| ACTION ITEM |
After locating the line that contains "(connect_uds-IsTight calls.endpoint o.socket_path)" in the data below, set down exactly that line and each one after it through the line that contains "let c : o.closed", and nothing more.

[Collected data]
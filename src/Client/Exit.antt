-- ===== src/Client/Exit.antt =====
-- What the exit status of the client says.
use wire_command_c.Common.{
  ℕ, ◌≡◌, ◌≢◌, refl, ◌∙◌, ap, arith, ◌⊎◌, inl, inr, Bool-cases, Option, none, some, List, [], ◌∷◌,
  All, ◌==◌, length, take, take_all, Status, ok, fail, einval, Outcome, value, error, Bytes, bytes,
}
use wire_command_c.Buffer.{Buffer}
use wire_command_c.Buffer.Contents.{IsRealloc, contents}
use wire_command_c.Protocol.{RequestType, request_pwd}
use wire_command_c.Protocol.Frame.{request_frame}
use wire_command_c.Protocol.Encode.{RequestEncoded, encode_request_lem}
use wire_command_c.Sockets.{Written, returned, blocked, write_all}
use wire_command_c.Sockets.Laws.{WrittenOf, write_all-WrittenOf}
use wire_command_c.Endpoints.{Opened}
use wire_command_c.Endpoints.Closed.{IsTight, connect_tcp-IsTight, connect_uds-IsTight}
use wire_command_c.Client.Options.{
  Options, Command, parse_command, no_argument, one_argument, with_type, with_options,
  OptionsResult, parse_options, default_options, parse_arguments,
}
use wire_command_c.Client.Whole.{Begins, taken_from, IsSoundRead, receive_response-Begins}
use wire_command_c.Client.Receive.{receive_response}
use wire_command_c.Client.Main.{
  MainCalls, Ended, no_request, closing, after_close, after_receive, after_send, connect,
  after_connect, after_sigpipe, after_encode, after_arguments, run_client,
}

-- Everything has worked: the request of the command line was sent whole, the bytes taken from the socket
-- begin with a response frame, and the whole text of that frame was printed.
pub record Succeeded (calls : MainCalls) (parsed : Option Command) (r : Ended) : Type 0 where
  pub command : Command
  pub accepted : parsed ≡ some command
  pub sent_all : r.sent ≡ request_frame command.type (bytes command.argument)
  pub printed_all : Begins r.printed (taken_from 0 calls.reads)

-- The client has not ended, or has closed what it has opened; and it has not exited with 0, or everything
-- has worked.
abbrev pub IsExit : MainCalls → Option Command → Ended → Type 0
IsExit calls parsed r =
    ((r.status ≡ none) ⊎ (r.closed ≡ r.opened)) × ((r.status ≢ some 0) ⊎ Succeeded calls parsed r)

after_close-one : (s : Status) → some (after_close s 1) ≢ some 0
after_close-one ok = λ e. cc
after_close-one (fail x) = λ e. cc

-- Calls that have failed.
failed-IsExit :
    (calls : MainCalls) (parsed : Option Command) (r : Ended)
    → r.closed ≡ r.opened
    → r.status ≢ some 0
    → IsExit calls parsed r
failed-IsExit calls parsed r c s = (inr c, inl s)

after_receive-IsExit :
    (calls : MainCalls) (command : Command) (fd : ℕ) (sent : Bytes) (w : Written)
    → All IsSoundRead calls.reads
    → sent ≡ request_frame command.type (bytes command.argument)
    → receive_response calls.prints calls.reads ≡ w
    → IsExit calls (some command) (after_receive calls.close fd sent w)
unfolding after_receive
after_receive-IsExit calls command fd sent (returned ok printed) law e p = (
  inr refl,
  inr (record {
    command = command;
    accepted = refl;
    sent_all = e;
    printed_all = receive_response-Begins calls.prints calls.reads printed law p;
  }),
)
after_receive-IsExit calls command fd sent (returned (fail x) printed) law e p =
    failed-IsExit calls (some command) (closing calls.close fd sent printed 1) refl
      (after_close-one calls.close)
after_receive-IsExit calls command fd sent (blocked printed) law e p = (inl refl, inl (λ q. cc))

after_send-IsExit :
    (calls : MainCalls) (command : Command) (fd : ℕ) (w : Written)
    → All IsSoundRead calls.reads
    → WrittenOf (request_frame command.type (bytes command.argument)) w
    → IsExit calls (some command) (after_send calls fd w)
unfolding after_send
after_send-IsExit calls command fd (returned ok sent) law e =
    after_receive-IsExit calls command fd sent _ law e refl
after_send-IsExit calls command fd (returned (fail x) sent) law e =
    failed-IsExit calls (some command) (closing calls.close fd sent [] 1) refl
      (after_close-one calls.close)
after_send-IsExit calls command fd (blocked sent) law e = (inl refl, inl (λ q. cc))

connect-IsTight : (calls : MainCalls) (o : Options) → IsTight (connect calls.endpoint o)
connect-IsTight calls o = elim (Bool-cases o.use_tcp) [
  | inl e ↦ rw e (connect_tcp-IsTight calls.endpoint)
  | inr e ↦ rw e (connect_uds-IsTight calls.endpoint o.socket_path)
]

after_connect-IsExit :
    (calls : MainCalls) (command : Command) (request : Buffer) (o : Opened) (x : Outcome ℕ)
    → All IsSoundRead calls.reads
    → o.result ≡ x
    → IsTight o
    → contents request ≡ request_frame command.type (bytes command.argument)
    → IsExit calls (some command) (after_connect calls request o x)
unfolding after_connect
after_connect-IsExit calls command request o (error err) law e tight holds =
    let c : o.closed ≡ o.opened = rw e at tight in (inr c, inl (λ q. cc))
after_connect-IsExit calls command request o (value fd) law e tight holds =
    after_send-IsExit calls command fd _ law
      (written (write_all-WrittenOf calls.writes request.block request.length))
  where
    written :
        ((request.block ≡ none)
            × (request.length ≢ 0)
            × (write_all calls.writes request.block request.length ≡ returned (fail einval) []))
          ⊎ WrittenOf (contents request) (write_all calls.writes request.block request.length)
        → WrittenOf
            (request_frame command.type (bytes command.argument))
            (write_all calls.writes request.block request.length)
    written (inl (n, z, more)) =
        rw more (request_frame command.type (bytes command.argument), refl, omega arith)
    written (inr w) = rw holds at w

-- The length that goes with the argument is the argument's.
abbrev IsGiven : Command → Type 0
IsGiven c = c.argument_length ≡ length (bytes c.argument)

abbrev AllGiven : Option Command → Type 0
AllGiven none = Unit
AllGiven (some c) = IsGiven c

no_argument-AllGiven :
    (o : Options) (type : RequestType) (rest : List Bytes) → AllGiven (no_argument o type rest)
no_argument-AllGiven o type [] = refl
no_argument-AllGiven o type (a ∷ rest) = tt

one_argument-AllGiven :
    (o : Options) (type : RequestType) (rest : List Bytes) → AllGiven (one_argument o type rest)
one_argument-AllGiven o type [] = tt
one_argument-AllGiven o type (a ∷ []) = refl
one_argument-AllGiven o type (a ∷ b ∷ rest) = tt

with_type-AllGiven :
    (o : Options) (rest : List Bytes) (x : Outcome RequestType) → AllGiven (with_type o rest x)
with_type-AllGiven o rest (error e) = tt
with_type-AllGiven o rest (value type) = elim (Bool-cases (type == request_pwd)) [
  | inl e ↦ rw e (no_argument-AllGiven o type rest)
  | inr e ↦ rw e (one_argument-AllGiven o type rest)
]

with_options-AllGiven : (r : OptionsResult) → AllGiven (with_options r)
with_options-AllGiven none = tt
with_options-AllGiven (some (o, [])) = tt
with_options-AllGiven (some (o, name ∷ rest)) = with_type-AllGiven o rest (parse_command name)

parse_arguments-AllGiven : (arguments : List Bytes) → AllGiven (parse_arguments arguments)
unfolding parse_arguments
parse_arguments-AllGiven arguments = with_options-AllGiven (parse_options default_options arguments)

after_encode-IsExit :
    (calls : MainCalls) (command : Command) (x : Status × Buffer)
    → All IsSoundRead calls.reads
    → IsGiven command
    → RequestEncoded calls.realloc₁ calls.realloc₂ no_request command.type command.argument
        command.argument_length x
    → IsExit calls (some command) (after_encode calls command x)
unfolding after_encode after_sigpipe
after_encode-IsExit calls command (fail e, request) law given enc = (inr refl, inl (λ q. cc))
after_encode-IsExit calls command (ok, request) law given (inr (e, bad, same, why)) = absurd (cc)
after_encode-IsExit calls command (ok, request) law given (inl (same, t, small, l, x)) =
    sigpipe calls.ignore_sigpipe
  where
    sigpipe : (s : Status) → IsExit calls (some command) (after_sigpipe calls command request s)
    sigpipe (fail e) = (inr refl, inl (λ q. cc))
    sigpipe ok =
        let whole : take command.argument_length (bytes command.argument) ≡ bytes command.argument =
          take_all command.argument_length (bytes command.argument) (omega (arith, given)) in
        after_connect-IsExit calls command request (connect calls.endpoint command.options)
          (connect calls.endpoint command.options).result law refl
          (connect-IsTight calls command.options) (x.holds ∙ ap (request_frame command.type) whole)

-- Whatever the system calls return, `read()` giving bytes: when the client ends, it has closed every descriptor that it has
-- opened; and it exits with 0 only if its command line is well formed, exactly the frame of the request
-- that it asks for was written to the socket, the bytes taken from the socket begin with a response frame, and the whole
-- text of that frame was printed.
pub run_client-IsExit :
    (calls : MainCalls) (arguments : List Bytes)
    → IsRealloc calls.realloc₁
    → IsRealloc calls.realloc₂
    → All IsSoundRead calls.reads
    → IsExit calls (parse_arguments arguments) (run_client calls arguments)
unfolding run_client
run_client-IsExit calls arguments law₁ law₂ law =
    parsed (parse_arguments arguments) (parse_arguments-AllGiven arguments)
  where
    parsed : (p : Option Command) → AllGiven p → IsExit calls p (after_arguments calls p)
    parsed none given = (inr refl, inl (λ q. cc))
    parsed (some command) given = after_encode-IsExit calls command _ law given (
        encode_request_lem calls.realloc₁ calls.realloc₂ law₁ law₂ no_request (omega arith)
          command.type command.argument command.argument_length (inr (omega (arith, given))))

| EXERCISE OUTPUT |
  | inr e ↦ rw e (connect_uds-IsTight calls.endpoint o.socket_path)
]

after_connect-IsExit :
    (calls : MainCalls) (command : Command) (request : Buffer) (o : Opened) (x : Outcome ℕ)
    → All IsSoundRead calls.reads
    → o.result ≡ x
    → IsTight o
    → contents request ≡ request_frame command.type (bytes command.argument)
    → IsExit calls (some command) (after_connect calls request o x)
unfolding after_connect
after_connect-IsExit calls command request o (error err) law e tight holds =
    let c : o.closed ≡ o.opened = rw e at tight in (inr c, inl (λ q. cc))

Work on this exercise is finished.